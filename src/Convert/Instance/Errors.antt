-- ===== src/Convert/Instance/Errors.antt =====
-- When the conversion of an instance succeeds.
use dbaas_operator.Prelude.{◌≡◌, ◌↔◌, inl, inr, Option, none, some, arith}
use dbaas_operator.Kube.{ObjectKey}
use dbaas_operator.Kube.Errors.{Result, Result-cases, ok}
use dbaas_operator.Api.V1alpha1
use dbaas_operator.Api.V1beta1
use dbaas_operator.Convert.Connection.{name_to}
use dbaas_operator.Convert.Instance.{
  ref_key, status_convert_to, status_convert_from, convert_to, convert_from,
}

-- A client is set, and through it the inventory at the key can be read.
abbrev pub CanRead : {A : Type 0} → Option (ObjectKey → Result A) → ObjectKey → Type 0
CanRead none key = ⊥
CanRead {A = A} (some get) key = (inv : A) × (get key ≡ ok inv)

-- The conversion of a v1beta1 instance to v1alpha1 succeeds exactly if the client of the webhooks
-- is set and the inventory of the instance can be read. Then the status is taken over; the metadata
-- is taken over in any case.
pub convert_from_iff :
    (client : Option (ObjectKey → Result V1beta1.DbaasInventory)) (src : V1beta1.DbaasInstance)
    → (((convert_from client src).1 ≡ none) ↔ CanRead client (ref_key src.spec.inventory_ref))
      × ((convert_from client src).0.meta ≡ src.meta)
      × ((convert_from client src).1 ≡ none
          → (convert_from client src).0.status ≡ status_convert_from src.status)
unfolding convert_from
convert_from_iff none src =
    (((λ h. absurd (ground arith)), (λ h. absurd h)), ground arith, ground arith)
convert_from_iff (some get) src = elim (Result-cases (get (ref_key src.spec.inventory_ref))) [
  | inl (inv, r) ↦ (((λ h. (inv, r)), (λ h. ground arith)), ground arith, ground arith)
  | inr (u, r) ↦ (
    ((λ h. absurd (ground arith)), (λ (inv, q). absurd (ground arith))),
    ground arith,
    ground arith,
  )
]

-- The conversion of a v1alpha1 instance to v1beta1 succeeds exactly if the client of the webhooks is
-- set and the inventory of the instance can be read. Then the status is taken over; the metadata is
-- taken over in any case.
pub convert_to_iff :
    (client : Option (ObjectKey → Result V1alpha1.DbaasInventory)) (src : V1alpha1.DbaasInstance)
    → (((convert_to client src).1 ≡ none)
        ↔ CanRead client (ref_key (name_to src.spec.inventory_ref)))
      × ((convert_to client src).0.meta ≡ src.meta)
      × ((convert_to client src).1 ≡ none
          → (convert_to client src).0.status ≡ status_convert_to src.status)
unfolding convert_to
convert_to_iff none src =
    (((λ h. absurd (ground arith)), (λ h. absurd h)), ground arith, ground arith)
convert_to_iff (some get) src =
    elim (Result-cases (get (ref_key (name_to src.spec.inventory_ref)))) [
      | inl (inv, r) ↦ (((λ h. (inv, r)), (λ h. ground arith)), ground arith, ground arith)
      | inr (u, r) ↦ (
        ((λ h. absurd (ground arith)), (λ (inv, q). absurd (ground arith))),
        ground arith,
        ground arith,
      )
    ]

Task item
Copy every line from the records above that contains the word "elim".

Result for this task
convert_from_iff (some get) src = elim (Result-cases (get (ref_key src.spec.inventory_ref))) [
    elim (Result-cases (get (ref_key (name_to src.spec.inventory_ref)))) [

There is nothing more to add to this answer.